» **AIM OF THE TASK**
From the entries provided below, copy each line that contains the word "Returns".

[Stored items]
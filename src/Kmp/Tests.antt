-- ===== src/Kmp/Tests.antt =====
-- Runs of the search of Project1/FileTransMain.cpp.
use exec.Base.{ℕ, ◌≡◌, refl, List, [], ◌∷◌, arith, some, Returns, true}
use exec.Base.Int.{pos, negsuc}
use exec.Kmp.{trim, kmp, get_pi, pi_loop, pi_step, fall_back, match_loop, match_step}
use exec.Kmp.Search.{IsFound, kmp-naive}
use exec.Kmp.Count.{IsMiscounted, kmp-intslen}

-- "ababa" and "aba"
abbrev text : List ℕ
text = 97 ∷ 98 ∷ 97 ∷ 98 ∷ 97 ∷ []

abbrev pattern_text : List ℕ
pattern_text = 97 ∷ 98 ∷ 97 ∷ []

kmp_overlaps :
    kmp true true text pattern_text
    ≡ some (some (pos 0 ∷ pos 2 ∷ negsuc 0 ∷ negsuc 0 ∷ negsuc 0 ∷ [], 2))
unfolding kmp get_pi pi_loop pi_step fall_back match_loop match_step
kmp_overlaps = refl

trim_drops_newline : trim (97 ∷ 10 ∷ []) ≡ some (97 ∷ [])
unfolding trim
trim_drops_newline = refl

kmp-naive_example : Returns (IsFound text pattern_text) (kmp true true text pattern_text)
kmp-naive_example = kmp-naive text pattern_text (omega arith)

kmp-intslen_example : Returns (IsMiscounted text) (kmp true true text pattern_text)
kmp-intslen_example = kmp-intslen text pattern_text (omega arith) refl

--

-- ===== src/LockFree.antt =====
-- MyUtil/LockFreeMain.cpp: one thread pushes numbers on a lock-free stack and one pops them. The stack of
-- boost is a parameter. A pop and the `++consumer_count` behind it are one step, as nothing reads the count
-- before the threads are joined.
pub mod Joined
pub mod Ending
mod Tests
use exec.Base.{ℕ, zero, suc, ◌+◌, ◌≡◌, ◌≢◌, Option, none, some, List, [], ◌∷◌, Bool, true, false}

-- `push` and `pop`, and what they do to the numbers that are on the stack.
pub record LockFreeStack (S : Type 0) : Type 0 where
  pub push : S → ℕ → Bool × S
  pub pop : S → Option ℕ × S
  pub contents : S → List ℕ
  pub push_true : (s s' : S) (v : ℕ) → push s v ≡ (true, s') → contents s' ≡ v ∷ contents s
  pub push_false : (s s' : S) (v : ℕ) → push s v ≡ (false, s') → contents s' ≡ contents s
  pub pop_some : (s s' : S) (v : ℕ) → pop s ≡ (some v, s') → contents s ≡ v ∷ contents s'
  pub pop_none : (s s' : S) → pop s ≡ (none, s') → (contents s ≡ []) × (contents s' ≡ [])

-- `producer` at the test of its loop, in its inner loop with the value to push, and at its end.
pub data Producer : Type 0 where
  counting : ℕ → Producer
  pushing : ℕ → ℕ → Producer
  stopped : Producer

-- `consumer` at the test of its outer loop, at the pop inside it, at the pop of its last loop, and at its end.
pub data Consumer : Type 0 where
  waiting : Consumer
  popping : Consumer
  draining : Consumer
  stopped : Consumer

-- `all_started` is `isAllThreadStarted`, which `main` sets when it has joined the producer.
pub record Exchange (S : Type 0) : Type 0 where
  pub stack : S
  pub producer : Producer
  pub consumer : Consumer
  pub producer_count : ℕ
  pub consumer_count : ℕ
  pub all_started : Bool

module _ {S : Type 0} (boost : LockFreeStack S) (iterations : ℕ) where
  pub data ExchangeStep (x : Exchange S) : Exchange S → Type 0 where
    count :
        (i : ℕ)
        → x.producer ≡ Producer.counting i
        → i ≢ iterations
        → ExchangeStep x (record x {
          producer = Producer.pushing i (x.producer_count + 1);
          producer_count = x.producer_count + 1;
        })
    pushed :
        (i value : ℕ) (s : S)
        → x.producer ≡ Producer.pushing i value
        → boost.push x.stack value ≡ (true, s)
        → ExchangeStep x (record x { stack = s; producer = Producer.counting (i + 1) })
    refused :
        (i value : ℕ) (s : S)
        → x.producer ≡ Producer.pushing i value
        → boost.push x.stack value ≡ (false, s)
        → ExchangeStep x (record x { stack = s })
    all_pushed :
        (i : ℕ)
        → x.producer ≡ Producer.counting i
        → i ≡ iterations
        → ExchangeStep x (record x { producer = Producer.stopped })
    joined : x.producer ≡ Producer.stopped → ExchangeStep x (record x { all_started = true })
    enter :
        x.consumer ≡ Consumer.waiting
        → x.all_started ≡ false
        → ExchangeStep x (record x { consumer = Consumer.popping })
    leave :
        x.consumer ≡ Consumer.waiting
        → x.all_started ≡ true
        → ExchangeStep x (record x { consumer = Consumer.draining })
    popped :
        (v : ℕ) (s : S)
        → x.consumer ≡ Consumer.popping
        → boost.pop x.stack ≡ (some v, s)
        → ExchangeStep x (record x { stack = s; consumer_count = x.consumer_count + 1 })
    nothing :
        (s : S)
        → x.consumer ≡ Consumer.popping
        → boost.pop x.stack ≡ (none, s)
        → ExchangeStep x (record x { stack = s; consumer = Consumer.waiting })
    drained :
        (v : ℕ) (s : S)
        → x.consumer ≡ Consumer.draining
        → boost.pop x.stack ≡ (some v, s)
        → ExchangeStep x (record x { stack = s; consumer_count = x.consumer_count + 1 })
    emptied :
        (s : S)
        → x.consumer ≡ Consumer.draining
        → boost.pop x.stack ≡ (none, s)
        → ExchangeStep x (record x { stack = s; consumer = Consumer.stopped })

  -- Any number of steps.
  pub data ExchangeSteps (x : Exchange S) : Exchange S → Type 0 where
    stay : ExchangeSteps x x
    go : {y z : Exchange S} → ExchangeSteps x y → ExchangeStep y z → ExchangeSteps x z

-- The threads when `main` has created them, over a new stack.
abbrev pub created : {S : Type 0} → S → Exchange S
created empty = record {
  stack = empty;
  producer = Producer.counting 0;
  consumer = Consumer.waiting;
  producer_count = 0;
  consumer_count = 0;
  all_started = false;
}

» **EXERCISE SOLUTION**
use exec.Base.{ℕ, ◌≡◌, refl, List, [], ◌∷◌, arith, some, Returns, true}
kmp-naive_example : Returns (IsFound text pattern_text) (kmp true true text pattern_text)
kmp-intslen_example : Returns (IsMiscounted text) (kmp true true text pattern_text)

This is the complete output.